Subject Re: [firebird-support] Re: Users can create anything?!?
Author Helen Borrie
At 05:21 PM 24/05/2005 -0700, Sam Hunt wrote:

>as far as I know, a user who happens to have IBOConsole cannot do
>anything to a FB database, unless they have sufficuent network rights
>and know the server's (security.fdb) password.

By "the server's (security.fdb) password" I assume you mean the SYSDBA
password. The security database (security.fdb) contains the usernames and
passwords of all users on the server, including SYSDBA. SYSDBA is a
user. It happens to be the only user that has full destructive rights on
every database on the server and on every object inside every database.

Databases that were created or restored by SYSDBA shouldn't be deployed
into production. Db's and the objects within them should be created and
restored by a user that is created for exactly the purpose of owning a
specific database. As Owner of both the database and the objects within
that database, that user has *almost* the same power of life of death over
*that* database as SYSDBA has over *all* databases.

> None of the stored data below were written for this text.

-- ===== src/Deploy/JobRows.antt =====
-- The tasks of a deployment do not write the table of jobs.
use esos_webui.Common.{
  Bool-cases, Checked-cases, List, String, [], false, inl, inr, is_blank, ltb, not, or_else, refl,
  str_eq, true, ℕ, ◌%◌, ◌&&◌, ◌==◌, ◌∙◌, ◌∷◌, ◌≡◌,
}
use esos_webui.Cluster.{SanRow}
use esos_webui.Access.Middleware.{assert_san_writable}
use esos_webui.Deploy.Types.{InstallKind, DeploymentBinary, TargetRow, Tables}
use esos_webui.Deploy.Tables.{update_job_target, append_job_target_log}
use esos_webui.Deploy.Install.{install_output, install_kind, install_commands}
use esos_webui.Deploy.Runner.{
  resolved, rejected, Phase, connecting, locating, transferring, verifying, installing, ended,
  Answer, Moment, remote_hash, fail, succeed, install, log_all, begin, start_install, resume,
  progress,
}
use esos_webui.Deploy.Jobs.{
  Task, begin_all, Advance, here, there, Runs, started, answered, progressed,
}

module _ (binary : DeploymentBinary) (id : String) (at : Moment) where
  log_all-jobs :
      (lines : List String) (db : Tables) → (log_all binary id at lines db).jobs ≡ db.jobs
  unfolding log_all append_job_target_log update_job_target
  log_all-jobs [] db = refl
  log_all-jobs (line ∷ lines) db = log_all-jobs lines (append_job_target_log id line db)

  install-jobs :
      (kind : InstallKind) (commands : List String) (db : Tables)
      → (install binary id at kind commands db).0.jobs ≡ db.jobs
  unfolding install succeed append_job_target_log update_job_target
  install-jobs kind [] db = refl
  install-jobs kind (command ∷ rest) db = refl

  start_install-jobs :
      (path : String) (db : Tables) → (start_install binary id at path db).0.jobs ≡ db.jobs
  unfolding start_install append_job_target_log update_job_target
  start_install-jobs path db =
      install-jobs (install_kind binary)
        (install_commands at.random binary path (install_kind binary)) _

  begin-jobs :
      (sans : List SanRow) (san_id : String) (db : Tables)
      → (begin binary id at sans san_id db).0.jobs ≡ db.jobs
  unfolding begin fail append_job_target_log update_job_target
  begin-jobs sans san_id db = elim (Checked-cases (assert_san_writable sans san_id)) [
    | inl (u, e) ↦ rw (begin, e) refl
    | inr (code, m, e) ↦ rw (begin, e) refl
  ]

  resume-jobs :
      (p : Phase) (a : Answer p) (db : Tables) → (resume binary id at p a db).0.jobs ≡ db.jobs
  unfolding resume fail append_job_target_log update_job_target
  resume-jobs connecting (rejected message) db = refl
  resume-jobs connecting (resolved false) db = refl
  resume-jobs connecting (resolved true) db = refl
  resume-jobs (locating path) (rejected message) db = refl
  resume-jobs (locating path) (resolved found) db =
      elim (Bool-cases (is_blank (or_else found ""))) [
        | inl e ↦ rw (resume, e) refl
        | inr e ↦ rw (resume, e) refl
      ]
  resume-jobs (transferring path) (rejected message) db = refl
  resume-jobs (transferring path) (resolved u) db = refl
  resume-jobs (verifying path) (rejected message) db = refl
  resume-jobs (verifying path) (resolved stdout) db =
      elim (Bool-cases
        (not (is_blank (remote_hash stdout)) && not (str_eq (remote_hash stdout) binary.sha256))) [
          | inl e ↦ rw (resume, e) refl
          | inr e ↦ rw (resume, e) (start_install-jobs path db)
        ]
  resume-jobs (installing kind command rest) (rejected message) db = refl
  resume-jobs (installing kind command rest) (resolved res) db =
      let after = log_all binary id at (install_output kind res) db in
      let logged = log_all-jobs (install_output kind res) db in
      elim (Bool-cases (res.code == 0)) [
        | inl e ↦ rw (resume, e) (install-jobs kind rest after ∙ logged)
        | inr e ↦ rw (resume, e) logged
      ]
  resume-jobs (ended ok) a db = elim a [ ]

progress-jobs :
    (id : String) (done total : ℕ) (db : Tables) → (progress id done total db).jobs ≡ db.jobs
unfolding progress append_job_target_log update_job_target
progress-jobs id done total db = elim (Bool-cases (ltb 0 total && ltb (done % 524288) 393216)) [
  | inl e ↦ rw (progress, e) refl
  | inr e ↦ rw (progress, e) refl
]

module _ (binary : DeploymentBinary) where
  Advance-jobs :
      {db db' : Tables} {ts ts' : List Task} → Advance binary db ts db' ts' → db'.jobs ≡ db.jobs
  Advance-jobs (here {db} id p at a) = resume-jobs binary id at p a db
  Advance-jobs (there t step) = Advance-jobs step

  pub Runs-jobs :
      {db : Tables} {ts : List Task} {n : ℕ} {db' : Tables} {ts' : List Task}
      → Runs binary db ts n db' ts'
      → db'.jobs ≡ db.jobs
  Runs-jobs started = refl
  Runs-jobs (answered run step) = Advance-jobs step ∙ Runs-jobs run
  Runs-jobs (progressed {db1 = db1} id done total run) =
      progress-jobs id done total db1 ∙ Runs-jobs run

  pub begin_all-jobs :
      (at : Moment) (sans : List SanRow) (rs : List TargetRow) (db : Tables)
      → (begin_all binary at sans rs db).0.jobs ≡ db.jobs
  unfolding begin_all
  begin_all-jobs at sans [] db = refl
  begin_all-jobs at sans (r ∷ rs) db =
      begin_all-jobs at sans rs (begin binary r.id at sans r.san_id db).0
      ∙ begin-jobs binary r.id at sans r.san_id db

In the atmosphere of "freedom" that Richard's customers aspire to, any user
on the server can create objects inside a database he doesn't own, and can
grant and revoke privileges to/from those objects. The problem for the
Owner of that database is that he can't do anything with objects he didn't
create, because he doesn't own them. Here's where SYSDBA and Owner rights
differ.

>I suppose they "could" snoop around a DB, IF they got a copy of it, but
>what good would it do them, unlerss they can erase/replace the original,
>which they shouldn't be able to do, if they don't have complete netwotk
>righjts to the db
>dir.

You're getting confused between filesystem rights and database
privileges. Any user defined in security.fdb can log into any
database. However, only bona fide users of a particular database - those
that have access privileges defined for them in that database - can see or
do anything. What they can see or do with ad hoc tools is defined by the
privileges that have been granted to them. What they can see or do with
bespoke applications might be additionally restricted, by custom access
code, but those particular restrictions obviously don't apply if the users
are using third-party tools to access databases.

Only the database Owner or SYSDBA can drop a database.

Any user defined in security.fdb can create a database.

However, at filesystem level, anyone at all, whether defined in
security.fdb or not, can steal database files if the filesystem security
doesn't stop them. Under the same filesystem security conditions, this
rogue user can also delete or overwrite the database if there are no active
connections.

>I'm certainly open to learning. I'm new at this.